What the exercise asks:
Provide only the number of lines below that hold "refl".

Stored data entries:
────────────────────

-- ===== src/Spock/Desired/Tests.antt =====
-- Two nodes.
use mathlib.Core.List.{Memᴰ}
use pgedge_helm.Base.{refl, false, [], ◌∷◌}
use pgedge_helm.Base.Text.{Text, bytes, text_eq}
use pgedge_helm.Config.{Node, Config}
use pgedge_helm.Spock.Desired.{Conns, compute_desired}
use pgedge_helm.Spock.Desired.Joined.{IsJoined, compute_desired-IsJoined, plain-NamesApart}

abbrev named : Text → Node
named name = record {
  name = name;
  hostname = name;
  internal_hostname = [];
  bootstrap = record { mode = []; source_node = [] };
}

abbrev pair : Config
pair = record {
  app_name = bytes "pgedge";
  db_name = bytes "app";
  namespace = bytes "default";
  admin_user = bytes "admin";
  pgedge_user = bytes "pgedge";
  reset_spock = false;
  nodes = named (bytes "n1") ∷ named (bytes "n2") ∷ [];
}

abbrev pools : Conns
pools = (bytes "n1", 1) ∷ (bytes "n2", 2) ∷ []

compute_desired-IsJoined_example :
    IsJoined pair pools
      (named (bytes "n2"))
      (named (bytes "n1"))
      (compute_desired pair pools 0).resources
unfolding text_eq
compute_desired-IsJoined_example =
    compute_desired-IsJoined pair pools 0 (named (bytes "n2")) (named (bytes "n1"))
      (plain-NamesApart pair (refl, (refl, tt)) ((refl, refl), ((refl, refl), tt)))
      (Memᴰ.tail (Memᴰ.head refl)) (Memᴰ.head refl) refl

────────────────────

Completed exercise:
3